I have a data set comprising of a couple of hundred thousand lines of picking transactions. Each of the items picked is identified by a distinct, individual SKU number and in categorised according to its characteristics - meat, fish, produce, homeware etc. There may be several hundred transactions picking the same SKU.
I have noticed that a few transactions have anomolas category allocation - eg an item that usually categorised as say meat, comes up as fish - I’ve spotted a couple in the first couple of hundred lines, but obvs can’t go through 200k by eye
Is there a way of comparing the SKU column with thecategory column and returning a count of the anomolies and/or the row numbers where the category and SKU do not match the mode?

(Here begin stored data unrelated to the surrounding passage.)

-- ===== src/Settings/Writing/Put.antt =====
-- src/core/settings/write.c: one line for a variable, and a run of them, as libscfg reads them back.
-- Comments and blank lines are no directives.
use g0wm.Common.{Option, none, some, List, [], ◌∷◌, Bytes, if◌then◌else◌}
use g0wm.Settings.Types.{Block, nothing, directive, Numbers, Enum, Store, lit}
use g0wm.Settings.Names.{enum_name}
use g0wm.Settings.Word.{carried, all_carried}
use g0wm.Settings.Combo.{write_mods}

-- The function that writes a variable; `settings_write_int` of an unsigned variable and of a signed
-- one, `settings_write_string` of the name of a value in a table.
pub data Form : Type 0 where
  written_uint written_int written_number written_bool written_string written_hex written_mods :
      Form
  written_name : Bytes → Form

pub data Written : Type 0 where
  put : Bytes → Bytes → Form → Written

abbrev pub word_of : Option Bytes → List Bytes
word_of none = []
word_of (some text) = text ∷ []

module _ {D : Type 0} (d : Numbers D) (tables : Bytes → List Enum) (modifiers : List Enum) where
  -- The parameters of the directive; numbers, colors, flags and modifiers are printed as they are, texts
  -- and names by `settings_put_word`.
  unfoldable pub written_params : Bytes → Form → Store D → List Bytes
  written_params var written_uint s = d.show_uint (s.uints var) ∷ []
  written_params var written_int s = d.show_int (s.numbers var) ∷ []
  written_params var written_number s = d.show_number (s.numbers var) ∷ []
  written_params var written_bool s = (if s.flags var then lit "true" else lit "false") ∷ []
  written_params var written_string s = all_carried d (word_of (s.strings var))
  written_params var written_hex s = (35 ∷ d.show_hex (s.colors var)) ∷ []
  written_params var written_mods s = write_mods modifiers (s.uints var)
  written_params var (written_name table) s =
      carried d (enum_name (tables table) (s.enums var)) ∷ []

  -- The directives of a run of lines, in front of others.
  unfoldable pub write_lines : List Written → Store D → Block → Block
  write_lines [] s rest = rest
  write_lines (put key var form ∷ lines) s rest =
      directive key (written_params var form s) nothing (write_lines lines s rest)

Don’t think there is anything that does that job out of the box.
The way that I’d start tackling this is checking the “unique” SKU => Category pairs in your data. Simplest way to do that is by using GroupBy Node and select SKU and Category Columns as Group Columns. Might be worthwhile to add any column as aggregation column under Manual Aggregation tab with Aggregation Method Count.
Then add Sorter Node and Sort by Count Column Ascending. That way you get the SKU => Category pairs at the top that have the lowest count and therefore might be candidates for wrong allocation…
If you can get your hands on “Master Data” that maps any SKU to a valid Category that’d be even better and give more options.
Are you using the latest version on KNIME Analytics Platform.
You just have to go to Space Explorer ----> Click on three Vertical dots -----> Import workflow
and the open it.
Yes the workflow contains same configuration as the image.
Happy to help.
If you are satisfied with the solution, you can mark solution as solved because this helps people get directly to the solution if they have the same or similar question.